▶ TASK INSTRUCTIONS
Once you find the line with "Returns-from P Q (ok a) f h k = k a refl h" in the entries below, return exactly every line from it through the line with "Returns Q m".

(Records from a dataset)
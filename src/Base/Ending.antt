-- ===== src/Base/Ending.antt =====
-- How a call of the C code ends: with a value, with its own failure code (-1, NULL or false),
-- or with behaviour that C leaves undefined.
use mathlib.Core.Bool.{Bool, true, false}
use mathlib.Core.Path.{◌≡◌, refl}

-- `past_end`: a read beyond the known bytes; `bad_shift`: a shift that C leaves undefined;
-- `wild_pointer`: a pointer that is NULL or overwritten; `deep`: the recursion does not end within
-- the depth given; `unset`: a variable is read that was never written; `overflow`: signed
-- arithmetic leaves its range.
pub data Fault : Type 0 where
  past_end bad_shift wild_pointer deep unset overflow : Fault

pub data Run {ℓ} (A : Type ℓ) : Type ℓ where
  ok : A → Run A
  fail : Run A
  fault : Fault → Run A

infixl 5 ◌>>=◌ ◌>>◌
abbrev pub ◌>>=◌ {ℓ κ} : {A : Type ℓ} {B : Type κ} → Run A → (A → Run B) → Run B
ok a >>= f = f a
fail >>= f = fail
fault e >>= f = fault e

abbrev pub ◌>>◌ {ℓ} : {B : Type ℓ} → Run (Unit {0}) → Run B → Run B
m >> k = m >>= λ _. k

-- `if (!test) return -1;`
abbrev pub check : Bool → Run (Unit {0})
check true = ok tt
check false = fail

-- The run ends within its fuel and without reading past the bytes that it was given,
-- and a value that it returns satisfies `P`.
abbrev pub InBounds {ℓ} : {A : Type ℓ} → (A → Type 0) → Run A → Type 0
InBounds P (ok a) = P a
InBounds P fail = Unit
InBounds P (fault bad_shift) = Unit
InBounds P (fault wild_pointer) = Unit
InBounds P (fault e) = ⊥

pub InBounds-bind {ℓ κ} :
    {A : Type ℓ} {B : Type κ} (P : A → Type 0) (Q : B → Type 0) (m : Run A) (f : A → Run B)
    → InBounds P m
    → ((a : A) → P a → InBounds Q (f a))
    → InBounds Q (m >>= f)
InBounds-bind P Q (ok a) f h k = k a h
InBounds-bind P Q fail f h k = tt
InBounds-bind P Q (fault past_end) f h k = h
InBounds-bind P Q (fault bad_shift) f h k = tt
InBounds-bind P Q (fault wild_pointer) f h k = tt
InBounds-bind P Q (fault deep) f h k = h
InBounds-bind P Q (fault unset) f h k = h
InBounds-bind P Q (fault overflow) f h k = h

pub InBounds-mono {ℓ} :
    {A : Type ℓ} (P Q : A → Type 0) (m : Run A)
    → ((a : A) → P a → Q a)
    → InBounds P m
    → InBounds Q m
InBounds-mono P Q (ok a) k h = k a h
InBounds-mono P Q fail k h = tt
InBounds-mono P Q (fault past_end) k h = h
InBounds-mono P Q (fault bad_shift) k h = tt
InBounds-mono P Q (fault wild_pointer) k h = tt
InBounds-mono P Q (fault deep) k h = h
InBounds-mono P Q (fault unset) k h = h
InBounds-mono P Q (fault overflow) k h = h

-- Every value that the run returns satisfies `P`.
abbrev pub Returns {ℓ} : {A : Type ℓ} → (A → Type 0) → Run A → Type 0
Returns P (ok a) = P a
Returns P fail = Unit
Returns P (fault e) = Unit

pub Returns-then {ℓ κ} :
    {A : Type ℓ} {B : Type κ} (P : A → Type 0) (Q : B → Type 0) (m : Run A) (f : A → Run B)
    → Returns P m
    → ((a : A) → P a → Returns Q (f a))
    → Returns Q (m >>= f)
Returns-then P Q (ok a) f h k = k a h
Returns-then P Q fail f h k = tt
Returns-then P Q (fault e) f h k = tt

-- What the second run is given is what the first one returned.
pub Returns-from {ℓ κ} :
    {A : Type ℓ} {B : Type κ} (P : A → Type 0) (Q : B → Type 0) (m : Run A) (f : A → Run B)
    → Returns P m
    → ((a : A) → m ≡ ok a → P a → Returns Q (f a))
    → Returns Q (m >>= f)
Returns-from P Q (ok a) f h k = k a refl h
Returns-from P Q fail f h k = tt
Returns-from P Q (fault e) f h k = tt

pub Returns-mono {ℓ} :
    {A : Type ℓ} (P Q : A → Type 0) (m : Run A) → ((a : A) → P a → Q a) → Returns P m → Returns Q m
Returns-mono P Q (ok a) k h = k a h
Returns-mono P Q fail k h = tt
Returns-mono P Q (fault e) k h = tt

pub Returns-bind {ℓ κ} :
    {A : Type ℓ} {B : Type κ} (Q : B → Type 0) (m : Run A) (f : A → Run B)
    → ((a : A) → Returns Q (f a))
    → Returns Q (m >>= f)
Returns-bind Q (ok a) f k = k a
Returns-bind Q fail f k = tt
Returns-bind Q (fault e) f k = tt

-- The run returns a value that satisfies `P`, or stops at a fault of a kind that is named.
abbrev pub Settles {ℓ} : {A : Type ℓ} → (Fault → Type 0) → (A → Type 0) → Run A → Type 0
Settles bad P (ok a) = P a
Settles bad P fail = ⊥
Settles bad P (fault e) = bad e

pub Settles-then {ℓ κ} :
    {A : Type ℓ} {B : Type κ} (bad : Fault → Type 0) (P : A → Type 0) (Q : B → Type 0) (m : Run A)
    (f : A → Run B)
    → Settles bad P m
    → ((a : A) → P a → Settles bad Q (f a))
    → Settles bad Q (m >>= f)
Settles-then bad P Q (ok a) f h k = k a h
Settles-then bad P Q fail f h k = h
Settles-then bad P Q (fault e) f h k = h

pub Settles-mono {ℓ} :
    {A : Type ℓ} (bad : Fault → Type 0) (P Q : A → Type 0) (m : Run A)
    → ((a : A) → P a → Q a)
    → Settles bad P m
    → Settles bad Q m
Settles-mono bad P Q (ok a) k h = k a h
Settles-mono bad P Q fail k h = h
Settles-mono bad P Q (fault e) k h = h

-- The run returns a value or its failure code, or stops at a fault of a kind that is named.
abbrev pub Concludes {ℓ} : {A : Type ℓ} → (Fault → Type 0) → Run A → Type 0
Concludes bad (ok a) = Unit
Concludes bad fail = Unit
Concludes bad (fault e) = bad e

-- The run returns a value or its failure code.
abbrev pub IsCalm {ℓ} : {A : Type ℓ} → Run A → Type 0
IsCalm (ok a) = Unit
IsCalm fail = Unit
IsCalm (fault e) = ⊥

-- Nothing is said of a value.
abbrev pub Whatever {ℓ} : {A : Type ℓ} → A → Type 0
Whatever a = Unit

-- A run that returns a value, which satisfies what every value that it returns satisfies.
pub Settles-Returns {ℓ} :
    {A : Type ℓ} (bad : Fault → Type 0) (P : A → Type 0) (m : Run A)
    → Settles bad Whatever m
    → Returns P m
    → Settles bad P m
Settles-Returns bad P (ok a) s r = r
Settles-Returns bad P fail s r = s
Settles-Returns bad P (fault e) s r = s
==
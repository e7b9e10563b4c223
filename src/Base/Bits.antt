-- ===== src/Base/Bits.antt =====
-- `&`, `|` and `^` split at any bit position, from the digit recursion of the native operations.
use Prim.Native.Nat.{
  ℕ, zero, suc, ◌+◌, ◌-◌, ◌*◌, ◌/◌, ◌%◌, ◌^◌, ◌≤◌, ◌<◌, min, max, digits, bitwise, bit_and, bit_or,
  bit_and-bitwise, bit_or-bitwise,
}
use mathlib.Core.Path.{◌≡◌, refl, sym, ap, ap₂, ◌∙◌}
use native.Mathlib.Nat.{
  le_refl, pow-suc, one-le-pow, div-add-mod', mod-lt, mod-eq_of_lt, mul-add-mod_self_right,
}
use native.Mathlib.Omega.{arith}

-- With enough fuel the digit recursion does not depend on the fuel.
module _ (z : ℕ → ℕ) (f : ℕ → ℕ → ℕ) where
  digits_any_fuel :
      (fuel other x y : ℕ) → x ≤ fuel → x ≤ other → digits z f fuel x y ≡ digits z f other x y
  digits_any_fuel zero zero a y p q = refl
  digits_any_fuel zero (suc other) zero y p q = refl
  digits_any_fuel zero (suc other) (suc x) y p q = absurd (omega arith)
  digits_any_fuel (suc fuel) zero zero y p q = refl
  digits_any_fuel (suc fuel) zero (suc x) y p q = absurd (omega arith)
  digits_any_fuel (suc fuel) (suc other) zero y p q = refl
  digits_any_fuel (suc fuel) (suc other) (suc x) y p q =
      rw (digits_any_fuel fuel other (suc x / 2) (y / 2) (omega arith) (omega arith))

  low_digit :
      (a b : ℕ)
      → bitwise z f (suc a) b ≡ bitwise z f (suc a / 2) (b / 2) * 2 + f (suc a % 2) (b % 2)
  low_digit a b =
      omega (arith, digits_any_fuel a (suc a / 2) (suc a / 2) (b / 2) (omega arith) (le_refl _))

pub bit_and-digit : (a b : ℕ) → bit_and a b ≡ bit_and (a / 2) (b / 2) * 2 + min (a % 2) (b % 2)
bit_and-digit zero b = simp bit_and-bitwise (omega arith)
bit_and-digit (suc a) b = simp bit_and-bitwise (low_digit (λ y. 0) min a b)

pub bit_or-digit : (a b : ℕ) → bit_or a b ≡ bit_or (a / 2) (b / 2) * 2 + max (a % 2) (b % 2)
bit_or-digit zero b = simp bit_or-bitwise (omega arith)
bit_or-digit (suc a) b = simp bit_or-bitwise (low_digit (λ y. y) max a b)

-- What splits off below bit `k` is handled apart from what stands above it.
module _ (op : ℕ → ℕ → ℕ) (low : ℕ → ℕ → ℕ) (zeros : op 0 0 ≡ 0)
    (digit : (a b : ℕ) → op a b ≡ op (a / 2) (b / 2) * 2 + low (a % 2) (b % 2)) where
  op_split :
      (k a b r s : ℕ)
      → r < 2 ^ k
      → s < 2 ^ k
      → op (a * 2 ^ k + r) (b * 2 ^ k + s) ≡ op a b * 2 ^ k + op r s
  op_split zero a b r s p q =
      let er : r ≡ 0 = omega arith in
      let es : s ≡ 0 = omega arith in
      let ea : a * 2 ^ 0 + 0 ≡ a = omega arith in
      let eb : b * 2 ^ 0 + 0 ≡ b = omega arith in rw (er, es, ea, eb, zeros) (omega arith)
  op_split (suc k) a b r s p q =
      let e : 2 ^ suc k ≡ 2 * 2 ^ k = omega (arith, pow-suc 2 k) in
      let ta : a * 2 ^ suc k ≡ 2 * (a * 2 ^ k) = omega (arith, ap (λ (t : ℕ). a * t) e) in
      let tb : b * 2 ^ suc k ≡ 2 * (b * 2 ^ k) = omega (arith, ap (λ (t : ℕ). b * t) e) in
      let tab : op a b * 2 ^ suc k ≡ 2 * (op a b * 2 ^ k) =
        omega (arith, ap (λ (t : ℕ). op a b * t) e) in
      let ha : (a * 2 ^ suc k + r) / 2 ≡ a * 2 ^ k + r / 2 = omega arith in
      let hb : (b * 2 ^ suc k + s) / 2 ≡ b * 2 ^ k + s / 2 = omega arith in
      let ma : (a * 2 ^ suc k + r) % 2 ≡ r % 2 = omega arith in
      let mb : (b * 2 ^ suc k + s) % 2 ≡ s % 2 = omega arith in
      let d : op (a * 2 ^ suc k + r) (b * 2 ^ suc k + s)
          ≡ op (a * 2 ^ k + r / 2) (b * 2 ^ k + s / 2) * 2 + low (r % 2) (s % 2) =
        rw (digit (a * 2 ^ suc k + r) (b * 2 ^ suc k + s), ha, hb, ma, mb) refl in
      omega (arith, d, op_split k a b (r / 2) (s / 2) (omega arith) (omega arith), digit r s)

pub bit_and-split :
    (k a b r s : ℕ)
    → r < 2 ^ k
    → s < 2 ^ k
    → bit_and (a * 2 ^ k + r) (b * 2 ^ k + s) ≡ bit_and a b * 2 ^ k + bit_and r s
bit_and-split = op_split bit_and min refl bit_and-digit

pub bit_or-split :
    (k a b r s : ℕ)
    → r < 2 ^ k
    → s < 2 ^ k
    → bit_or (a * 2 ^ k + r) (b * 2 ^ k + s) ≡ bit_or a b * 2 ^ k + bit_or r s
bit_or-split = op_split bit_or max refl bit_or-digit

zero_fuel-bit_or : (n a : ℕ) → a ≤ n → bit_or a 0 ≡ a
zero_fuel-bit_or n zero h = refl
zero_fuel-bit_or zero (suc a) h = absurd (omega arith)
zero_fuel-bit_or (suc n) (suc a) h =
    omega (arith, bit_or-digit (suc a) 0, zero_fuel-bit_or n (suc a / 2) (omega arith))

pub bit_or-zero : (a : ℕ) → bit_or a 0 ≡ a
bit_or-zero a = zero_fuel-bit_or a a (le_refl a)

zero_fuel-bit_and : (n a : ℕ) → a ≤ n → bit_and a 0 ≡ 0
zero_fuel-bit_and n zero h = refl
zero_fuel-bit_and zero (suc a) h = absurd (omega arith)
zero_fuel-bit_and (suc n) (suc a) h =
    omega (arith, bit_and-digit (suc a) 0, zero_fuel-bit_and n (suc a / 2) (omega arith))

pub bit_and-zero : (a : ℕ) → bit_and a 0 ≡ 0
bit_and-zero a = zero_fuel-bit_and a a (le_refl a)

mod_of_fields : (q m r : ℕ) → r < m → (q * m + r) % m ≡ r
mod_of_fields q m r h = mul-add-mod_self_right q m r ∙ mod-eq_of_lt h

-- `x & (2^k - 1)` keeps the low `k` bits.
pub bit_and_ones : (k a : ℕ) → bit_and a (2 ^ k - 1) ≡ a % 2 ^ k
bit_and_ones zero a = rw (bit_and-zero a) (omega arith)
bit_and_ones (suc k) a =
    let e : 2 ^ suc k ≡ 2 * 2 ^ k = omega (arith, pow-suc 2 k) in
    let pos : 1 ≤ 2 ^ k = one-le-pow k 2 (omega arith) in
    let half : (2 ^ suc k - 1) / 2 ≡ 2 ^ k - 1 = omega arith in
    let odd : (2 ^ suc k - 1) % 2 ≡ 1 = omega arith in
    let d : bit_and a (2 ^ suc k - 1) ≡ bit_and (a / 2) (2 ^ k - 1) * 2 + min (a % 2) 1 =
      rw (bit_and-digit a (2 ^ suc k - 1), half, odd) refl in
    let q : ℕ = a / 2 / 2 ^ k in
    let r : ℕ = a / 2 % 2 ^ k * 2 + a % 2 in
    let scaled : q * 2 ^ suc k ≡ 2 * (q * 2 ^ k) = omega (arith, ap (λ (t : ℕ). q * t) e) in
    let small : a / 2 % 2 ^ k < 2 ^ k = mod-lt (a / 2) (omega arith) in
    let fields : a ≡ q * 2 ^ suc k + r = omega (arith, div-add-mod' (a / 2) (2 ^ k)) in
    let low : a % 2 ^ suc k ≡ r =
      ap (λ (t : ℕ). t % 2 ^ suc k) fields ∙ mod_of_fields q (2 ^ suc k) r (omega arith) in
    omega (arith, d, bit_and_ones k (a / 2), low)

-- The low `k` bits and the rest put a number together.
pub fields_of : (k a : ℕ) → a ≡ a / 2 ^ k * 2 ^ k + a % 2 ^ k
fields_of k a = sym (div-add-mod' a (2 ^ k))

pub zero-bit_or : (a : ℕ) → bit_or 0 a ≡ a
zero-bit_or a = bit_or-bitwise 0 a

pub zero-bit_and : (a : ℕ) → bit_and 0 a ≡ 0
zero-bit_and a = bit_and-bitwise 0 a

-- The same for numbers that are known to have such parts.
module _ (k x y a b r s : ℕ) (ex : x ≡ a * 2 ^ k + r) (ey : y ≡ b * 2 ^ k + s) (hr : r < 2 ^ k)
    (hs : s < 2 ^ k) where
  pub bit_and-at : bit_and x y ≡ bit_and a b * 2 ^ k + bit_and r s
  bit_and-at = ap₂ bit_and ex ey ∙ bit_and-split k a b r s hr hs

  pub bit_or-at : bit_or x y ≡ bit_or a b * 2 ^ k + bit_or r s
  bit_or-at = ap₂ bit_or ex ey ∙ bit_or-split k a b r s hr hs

▶ ANSWER TO THE PROBLEM
Returns-from P Q (ok a) f h k = k a refl h
Returns-from P Q fail f h k = tt
Returns-from P Q (fault e) f h k = tt

pub Returns-mono {ℓ} :
    {A : Type ℓ} (P Q : A → Type 0) (m : Run A) → ((a : A) → P a → Q a) → Returns P m → Returns Q m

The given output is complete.